Mind to snap some pictures? I am VERY interested in getting those sills too.


----------



## bougy (Nov 21, 2006)

*Re: (darien)*

efkalisto poly Speedster !!! just in time to send it to my dealer ... hope he didn't get my standard ones already ...


----------



## PanEuropean (Nov 3, 2001)

*Re: (darien)*


_Quote, originally posted by *darien* »_Mind to snap some pictures? 

Attached...


----------



## WolfsburgerMitFries (Jul 4, 2005)

*Re: (PanEuropean)*

I wonder if there would be enough room to do an illuminated door sill.


----------



## vweosdriver (Oct 30, 2006)

*Re: (Hotmoose)*

I'm glad you like yours. I ordered some a few months ago and didn't know they were decals. I took them back after seeing them because it was too much money for two decals.
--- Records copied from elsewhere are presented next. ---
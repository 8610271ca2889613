-- ===== src/Admin/Sessions.antt =====
-- The sessions that app/api/admin.py ends: tokens issued before are refused.
use agentic_rag_claude_code.Prelude.{
  ℕ, ◌≤◌, ◌<◌, ◌≡◌, ◌≢◌, refl, sym, ap, subst, ◌∙◌, ◌⊎◌, inl, inr, Bool, true, false, ◌&&◌, Option,
  none, some, some-injective, List, [], ◌∷◌, Text, leb, leb→le, ◌==◌, ==_iff, arith, if◌then◌else◌,
  Result, ok, raise, is_empty,
}
use agentic_rag_claude_code.Settings.{Settings}
use agentic_rag_claude_code.Characters.{CharTable}
use agentic_rag_claude_code.Access.Rbac.{User}
use agentic_rag_claude_code.Auth.Tokens.{
  Claims, Jwt, KeyStore, bump_session_epoch, session_epoch, epoch_or_zero,
}
use agentic_rag_claude_code.Auth.Requests.{
  Audit, find_user, non_empty, or_else, get_current_user, Issued, Session, refresh_tokens,
}
use agentic_rag_claude_code.Auth.Rotation.{refresh-IsRotated}
use agentic_rag_claude_code.Auth.Authorized.{IsLive, get_current_user_iff}
use agentic_rag_claude_code.Cache.Stores.{Points, Tags}
use agentic_rag_claude_code.Admin.State.{AdminError, admin_action, user_not_found, UserUpdate}
use agentic_rag_claude_code.Admin.Service.{
  Admin, is_suspended, updated, update_user_row, record_audit, update_user, revoke_sessions,
  reset_credential,
}

find_user-id : (i : ℕ) (us : List User) (u : User) → find_user i us ≡ some u → u.id ≡ i
find_user-id i [] u h = absurd (cc h)
find_user-id i (v ∷ us) u h = found (v.id == i) refl h (find_user-id i us u)
  where
    found :
        (b : Bool)
        → (v.id == i) ≡ b
        → (if b then some v else find_user i us) ≡ some u
        → (find_user i us ≡ some u → u.id ≡ i)
        → u.id ≡ i
    found true e k ih = ap (λ (u : User). u.id) (sym (some-injective v u k)) ∙ (==_iff v.id i).0 e
    found false e k ih = ih k

module _ (keys : KeyStore) where
  epoch-bump :
      (now at i : ℕ) (store : keys.Store)
      → keys.get_epoch at i (bump_session_epoch keys now i store) ≢ none
      → session_epoch keys at i (bump_session_epoch keys now i store) ≡ now
  unfolding bump_session_epoch session_epoch
  epoch-bump now at i store answers = which (keys.epoch-set_epoch i now at store)
    where
      which :
          (keys.get_epoch at i (keys.set_epoch i now store) ≡ none)
            ⊎ (keys.get_epoch at i (keys.set_epoch i now store) ≡ some (some now))
          → epoch_or_zero keys (keys.get_epoch at i (keys.set_epoch i now store)) ≡ now
      which (inl e) = absurd (answers e)
      which (inr e) = ap (λ o. epoch_or_zero keys o) e

  module _ (jwt : Jwt) (users : List User) where
    -- A payload of the user from before the bump is live no more.
    bumped_dead :
        (now at i jti : ℕ) (store : keys.Store) (payload : Claims) (u : User)
        → keys.get_epoch at i (bump_session_epoch keys now i store) ≢ none
        → payload.sub ≡ some i
        → payload.iat < now
        → IsLive keys jwt users at payload (bump_session_epoch keys now i store) jti u
        → ⊥
    bumped_dead now at i jti store payload u answers of_user early l = too_late (
        leb→le now payload.iat (
          subst (λ e. leb e payload.iat ≡ true) (epoch-bump now at i store answers)
            (subst
              (λ j.
                leb (session_epoch keys at j (bump_session_epoch keys now i store)) payload.iat
                ≡ true)
              same l.in_epoch)))
      where
        same : u.id ≡ i
        same =
            find_user-id l.user_id users u l.found
            ∙ some-injective l.user_id i (sym l.has_sub ∙ of_user)

        too_late : now ≤ payload.iat → ⊥
        too_late k = omega arith

module _ (keys : KeyStore) (points : Points) (tags : Tags) (sha256 : List ℕ → ℕ) (table : CharTable)
    (s : Settings) (hash_password : Text → Text) where
  abbrev Server : Type 0
  Server = Admin keys points tags sha256 table s hash_password

  -- The requests that end the sessions of user i at a time: they succeed.
  pub data EndsSessions (now i : ℕ) (w w' : Server) : Type 0 where
    revoked :
        (admin : User)
        → revoke_sessions keys points tags sha256 table s hash_password now i admin w ≡ (ok tt, w')
        → EndsSessions now i w w'
    reset :
        (temp : Text) (admin : User)
        → reset_credential keys points tags sha256 table s hash_password now i temp admin w
          ≡ (ok temp, w')
        → EndsSessions now i w w'
    suspended :
        (body : UserUpdate) (admin u v : User)
        → body.is_active ≡ some false
        → find_user i w.users ≡ some u
        → u.is_active ≡ true
        → update_user keys points tags sha256 table s hash_password now i body admin w ≡ (ok v, w')
        → EndsSessions now i w w'

  ends-bumps :
      (now i : ℕ) (w w' : Server)
      → EndsSessions now i w w'
      → w'.store ≡ bump_session_epoch keys now i w.store
  unfolding revoke_sessions reset_credential update_user
  ends-bumps now i w w' (revoked admin h) = which (find_user i w.users) h
    where
      which :
          (o : Option User)
          → ◌≡◌ {A = Result AdminError (Unit {0}) × Server}
              (elim o [
                | none ↦ (raise user_not_found, w)
                | some u ↦ (
                  ok tt,
                  record_audit keys points tags sha256 table s hash_password admin_action admin i
                      (record w { store = bump_session_epoch keys now i w.store }),
                )
              ])
              (ok tt, w')
          → w'.store ≡ bump_session_epoch keys now i w.store
      which none k = absurd (cc (ap (λ (r : Result AdminError (Unit {0}) × Server). r.0) k))
      which (some u) k = sym (ap (λ (r : Result AdminError (Unit {0}) × Server). r.1.store) k)
  ends-bumps now i w w' (reset temp admin h) = which (find_user i w.users) h
    where
      which :
          (o : Option User)
          → ◌≡◌ {A = Result AdminError Text × Server}
              (elim o [
                | none ↦ (raise user_not_found, w)
                | some u ↦ (
                  ok temp,
                  record_audit keys points tags sha256 table s hash_password admin_action admin i
                      (record w {
                        users =
                            update_user_row
                              (λ (u : User). record u { hashed_password = hash_password temp })
                              i
                              w.users;
                        store = bump_session_epoch keys now i w.store;
                      }),
                )
              ])
              (ok temp, w')
          → w'.store ≡ bump_session_epoch keys now i w.store
      which none k = absurd (cc (ap (λ (r : Result AdminError Text × Server). r.0) k))
      which (some u) k = sym (ap (λ (r : Result AdminError Text × Server). r.1.store) k)
  ends-bumps now i w w' (suspended body admin u v off f on h) = which (find_user i w.users) f h
    where
      store_of : User → keys.Store
      store_of u =
          if is_suspended body.is_active u.is_active
          then bump_session_epoch keys now i w.store
          else w.store

      which :
          (o : Option User)
          → o ≡ some u
          → ◌≡◌ {A = Result AdminError User × Server}
              (elim o [
                | none ↦ (raise user_not_found, w)
                | some u ↦ (
                  ok (updated body u),
                  record_audit keys points tags sha256 table s hash_password admin_action admin i
                      (record w {
                        users = update_user_row (updated body) i w.users;
                        store = store_of u;
                      }),
                )
              ])
              (ok v, w')
          → w'.store ≡ bump_session_epoch keys now i w.store
      which none e k = absurd (cc e)
      which (some x) e k =
          sym (ap (λ (r : Result AdminError User × Server). r.1.store) k)
          ∙ ap store_of (some-injective x u e)
          ∙ ap (λ b. if b then bump_session_epoch keys now i w.store else w.store)
              (ap (λ o. is_suspended o u.is_active) off ∙ ap (λ b. b && true) on)

  given : (t : Text) → is_empty t ≡ false → non_empty (some t) ≡ some t
  given t h = ap (λ b. if b then none else some t) h

  -- A session of a user that an administrator ended, by revoking the sessions, by a new credential or by
  -- suspending the user, is over in the state that the request leaves: where Redis answers for the epoch,
  -- no request is authenticated there by a token that the user was issued before, and none exchanges it
  -- for a new pair, whether it is sent in the body or in the cookie.
  pub ended_refused :
      (jwt : Jwt) (now at i : ℕ) (w w' : Server) (t : Text) (payload : Claims)
      → EndsSessions now i w w'
      → keys.get_epoch at i w'.store ≢ none
      → is_empty t ≡ false
      → jwt.decode at t ≡ some payload
      → payload.sub ≡ some i
      → payload.iat < now
      → (¬ ((u : User) × (get_current_user keys jwt w'.users at (some t) w'.store ≡ ok u)))
        × ¬ (
            (fresh : ℕ) × (fresh' : ℕ) × (body : Option Text) × (cookie : Option Text)
            × (audit : List Audit) × (r : Issued × Session keys) × (non_empty
                  (or_else (non_empty body) cookie)
                ≡ some t)
            × (refresh_tokens keys jwt s w'.users at fresh fresh' body cookie
                  (record { store = w'.store; audit = audit })
                ≡ ok r))
  ended_refused jwt now at i w w' t payload ends answers shown decoded of_user early = (
    (λ (u, h).
        let a = (get_current_user_iff keys jwt w'.users at (some t) w'.store u).0 h in
        dead a.token a.payload a.jti u (sym a.presented ∙ given t shown) a.decoded a.live),
    (λ (fresh, fresh', body, cookie, audit, r, sent, h).
        let a =
          refresh-IsRotated keys jwt s w'.users at fresh fresh' body cookie
            (record { store = w'.store; audit = audit }) r.1 r.0 h in
        dead a.token a.payload a.jti a.user (sym a.shown ∙ sent) a.decoded a.live),
  )
    where
      bumped : w'.store ≡ bump_session_epoch keys now i w.store
      bumped = ends-bumps now i w w' ends

      dead :
          (token : Text) (c : Claims) (jti : ℕ) (u : User)
          → some token ≡ some t
          → jwt.decode at token ≡ some c
          → IsLive keys jwt w'.users at c w'.store jti u
          → ⊥
      dead token c jti u e d l =
          let same : payload ≡ c =
            some-injective payload c
              (sym decoded ∙ ap (λ t. jwt.decode at t) (sym (some-injective token t e)) ∙ d) in
          bumped_dead keys jwt w'.users now at i jti w.store c u
            (subst (λ s. keys.get_epoch at i s ≢ none) bumped answers)
            (subst (λ (c : Claims). c.sub ≡ some i) same of_user)
            (subst (λ (c : Claims). c.iat < now) same early)
            (subst (λ store. IsLive keys jwt w'.users at c store jti u) bumped l)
A company who does the transparent plastic bras installed me two pieces of thta material for $40.


----------



## mark_d_drake (Aug 17, 2006)

*Re: (vweosdriver)*

So the marking are a decal rather than an engraving on the metal insert ?. I assume there is some kind of protective coating. If that's the case how long will that last I wonder ?


----------



## Speedster356 (Aug 7, 2006)

Thank you Michael for posting the very clear picture!
As you can see, there is a black vinyl decal with a thin aluminum strip on it!
You can also notice that in order to install them, the weatherstip has to be removed!
Does anyone know how I can do it???
Please!!!


----------



## Freund (Jul 3, 2002)

*Re: (Speedster356)*

I´am pretty busy - but here is your answer:
You can easily lift the inner rockerpanel cover (its just clipped into the panel with metalclips).
The cover does overleap the inner part of the weatherstripping.
After this you will see the interiorside of the "weatherstripping".
Pry it off the Rockerchannelgrove - do not pull from the outside - the seal might "split" as it is pretty thin an sensitive from the outside.
Before you apply the new decal - clean the area thoroughly with alcohol (dry it afterwards) or petrol (same).
You should !not! do this @ temperatures below 15° - preheat the old the old decal for removal with a hairdryer - the new decal should also be slightly warmed up.
(Greece?! - You need a warm garage!)
http://weather.yahoo.com/forecast/GRXX0019_c.html 

Start placing the decal with the side impact channel opening matching!
Push the weatherstripping back into place and clip in the cover again.
Have Fun!
Later
Freund

















 




















_Modified by Freund at 12:47 AM 2-6-2007_


----------



## PanEuropean (Nov 3, 2001)

*Re: (Speedster356)*


_Quote, originally posted by *Speedster356* »_...in order to install them, the weatherstip has to be removed!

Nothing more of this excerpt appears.